Home www.play-hookey.com Tue, 08-22-2017
| Direct Current | Alternating Current | Semiconductors | Digital | Logic Families | Digital Experiments | Computers |
| Analog | Analog Experiments | Oscillators | Optics | HTML Test |
| The Fundamentals | Resistance and Reactance | Filter Concepts | Power Supplies |
| Filter Basics | Radians | Logarithms | Decibels | Low-Pass Filters | High-Pass Filters | Band-Pass Filters |

Low-Pass Filters

The Circuits

Low pass RC filter.

The two circuits to the right behave the same way for the most part, but there are some important differences. Both circuits operate as low-pass filters. That is, they will readily transmit signals below a certain frequency from input to output, with no appreciable loss in signal amplitude.

The first circuit shows a resistor and a capacitor, connected as a voltage divider. We have already looked at the behavior of this circuit with a single input frequency. The question now is, how does it behave for a range of frequencies?

One thing we can note at once: at very low frequencies, XC will be quite large, so C will have no practical effect on the signal. In essence, there will only be R in series with the signal, between vIN and vOUT. At the same time, C does provide dc isolation from ground. Sometimes this is important.

Low pass RL filter.

Our second circuit on the right is a low-pass RL filter. At low frequencies, the series inductance has negligible effect on the signal, and we essentially have a resistor connecting the signal line to ground. This is often designated a shunt resistance, indicating that it is in parallel with the signal.

As the frequency increases, XL also increases, thus increasing the total impedance of the filter. Since R doesn't change, more and more of the signal is dropped across L at higher frequencies, leaving less and less across R and available at vOUT.

At audio frequencies, the RC filter is generally preferred. This has nothing to do with any inherent benefit or lack of one circuit over the other, but rather is strictly a question of cost. Inductors for the audio frequency band are generally physically large and have heavy iron cores. This makes them expensive, and also causes them to take up a lot of space inside the cabinet of the device using it. In addition, inductors can be affected by external magnetic fields, such as the fields surrounding all power lines in homes and offices. Capacitors are much smaller, lighter, cheaper, and less susceptible to external energies, so they are used far more often.



Frequency Response

Normalized frequency response of a low pass filter.

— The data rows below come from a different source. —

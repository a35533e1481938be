-- ===== src/Log.antt =====
-- src/log.c, the lines of the log. The time stamp of a line, its message and the results of mm_write come
-- from the C library and the system.
pub mod Format
mod Examples
use mmlib.Base.{
  ℕ, zero, suc, ◌+◌, ◌-◌, ◌<◌, Bool, true, false, ◌||◌, Option, none, some, List, [], ◌∷◌, ◌++◌,
  ◌==◌, ltb, length, take, drop, replicate, if◌then◌else◌,
}
use mmlib.Base.Int.{ℤ, pos, negsuc, ltb_ℤ}
use mmlib.Base.CString.{Bytes, codes, nul, bytes_eq}

abbrev pub log_line_maxlen : ℕ
log_line_maxlen = 256

abbrev pub log_error : ℕ
log_error = 1

-- The table `loglevel`. Behind its end, where the code reads other memory, the name is empty here.
abbrev pub loglevel : List Bytes
loglevel = codes "FATAL" ∷ codes "ERROR" ∷ codes "WARN" ∷ codes "INFO" ∷ codes "DEBUG" ∷ []

abbrev level_name : List Bytes → ℕ → Bytes
level_name [] lvl = []
level_name (name ∷ names) zero = name
level_name (name ∷ names) (suc lvl) = level_name names lvl

-- init_log: the level that the environment sets, -1 (MM_LOG_NONE) for a name that is none.
unfoldable pub find_level : Bytes → List Bytes → ℕ → ℤ
find_level envlvl [] i = negsuc 0
find_level envlvl (name ∷ names) i =
    let rest = find_level envlvl names (i + 1) in if bytes_eq name envlvl then pos i else rest

unfoldable pub init_log : (maxloglvl : ℤ) → (envlvl : Option Bytes) → ℤ
init_log maxloglvl none = maxloglvl
init_log maxloglvl (some envlvl) = find_level envlvl loglevel 0

-- `%-5s`
abbrev pad : ℕ → Bytes → Bytes
pad width s = s ++ replicate (width - length s) 0x20

-- " %-5s %-16s : "
abbrev pub log_header : (lvl : ℕ) → (location : Bytes) → Bytes
log_header lvl location =
    0x20
    ∷ (pad 5 (level_name loglevel lvl) ++ (0x20 ∷ (pad 16 location ++ (0x20 ∷ b':' ∷ 0x20 ∷ []))))

-- The bytes of the line; `none` where the code writes behind the buffer, which it does where the header has no room.
-- A header that fills all but one byte of the room loses its last byte, and has the terminator in its place.
abbrev pub format_line : (blen : ℕ) → (timestamp header msg : Bytes) → Option Bytes
format_line blen timestamp header msg =
    let rlen = blen - length timestamp in
    let len = length header in
    let terminator = if len + 1 == rlen then nul ∷ [] else [] in
    if ltb len rlen
    then some (
        timestamp
        ++ (take (rlen - 2) header ++ (terminator ++ (take (rlen - len - 1) msg ++ (0x0a ∷ [])))))
    else none

unfoldable pub format_log_str :
    (blen : ℕ) → (timestamp : Bytes) → (lvl : ℕ) → (location msg : Bytes) → Option Bytes
format_log_str blen timestamp lvl location msg =
    format_line blen timestamp (log_header lvl location) msg

-- The loop of mm_log: the bytes written, for the results of mm_write, of which `none` is an error. With no
-- result left, the loop has not ended.
unfoldable pub write_loop : List (Option ℕ) → Bytes → Bytes
write_loop [] line = []
write_loop (none ∷ results) line = []
write_loop (some r ∷ results) line =
    let rest = write_loop results (drop r line) in
    take r line ++ (if length line - r == 0 then [] else rest)

-- What mm_log writes; `none` where it writes behind its buffer.
unfoldable pub mm_log :
    (maxloglvl lvl : ℤ) → (timestamp location msg : Bytes) → List (Option ℕ) → Option Bytes
mm_log maxloglvl (negsuc n) timestamp location msg results = some []
mm_log maxloglvl (pos lvl) timestamp location msg results =
    if ltb_ℤ maxloglvl (pos lvl)
    then some []
    else elim (format_log_str log_line_maxlen timestamp lvl location msg) [
      | none ↦ none
      | some line ↦ some (write_loop results line)
    ]

-- Whether the loop ends with an mm_write that fails, and whether mm_log does.
unfoldable pub write_fails : List (Option ℕ) → Bytes → Bool
write_fails [] line = false
write_fails (none ∷ results) line = true
write_fails (some r ∷ results) line =
    let rest = write_fails results (drop r line) in if length line - r == 0 then false else rest

abbrev line_fails : List (Option ℕ) → Option Bytes → Bool
line_fails results none = false
line_fails results (some line) = write_fails results line

unfoldable pub log_fails :
    (maxloglvl lvl : ℤ) → (timestamp location msg : Bytes) → List (Option ℕ) → Bool
log_fails maxloglvl (negsuc n) timestamp location msg results = false
log_fails maxloglvl (pos lvl) timestamp location msg results =
    if ltb_ℤ maxloglvl (pos lvl)
    then false
    else line_fails results (format_log_str log_line_maxlen timestamp lvl location msg)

Regardless of which circuit you choose for your filter, its frequency response will match the curve to the right. Note that the frequency scale is logarithmic rather than linear. In addition, the attenuation of the filter is shown in units called decibels (db). This is also a logarithmic unit used to show ratios. Mathematically, voltage gain or loss is described as:

Gain or Attenuation (db) = 20 log10 vOUT

vIN

Because for these filters vOUT is always less than (or equal to) vIN, the ratio is a fraction no higher than 1, so the logarithm of this fraction will be negative or zero. Thus, a voltage loss is expressed as negative decibels. A voltage gain would be expressed in positive decibels.

Regardless of the component values we use in our filter, there will be one particular frequency at which R = XC (for the RC filter), or R = XL (for the RL filter). At this frequency, vOUT/vIN = 0.707, and the calculation above will indicate a ratio of -3 db. This point is shown clearly on the graph. At lower frequencies, attenuation is reduced and rapidly becomes 0 db. At higher frequencies, attenuation increases rapidly until it falls off at a constant slope of 20 db per frequency decade as shown.

The frequency at which the two components have equal individual impedances (without regard to phase shift) is called the cut-off frequency of that filter, designated fco or ωco, according to whether we have specified frequency in Hz or radians/second. Since this graph is normalized, that frequency is shown as 1 (actually 1 times the actual cut-off frequency). The Frequency axis on the graph thus indicates frequencies in powers of 10 above and below the cut-off frequency. The shape of the graph will remain the same for any first-order RC or RL low-pass filter of the types described on this page.

Frequencies below the cut-off frequency will be passed through without significant loss, while frequencies above the cut-off frequency will be attenuated significantly. This in fact is how the filter gets its name: it passes low frequencies but not high frequencies.

If the constant slope is extended up to the 0 db line as shown in green in the graph, the intersection point is once again the cut-off frequency. In many circumstances it is useful and easier to simply use the straight lines to describe a filter's performance. This is an acceptable approximation, and the actual curve is understood to be present.



Phase Response

Voltage vectors for first-order low-pass filters.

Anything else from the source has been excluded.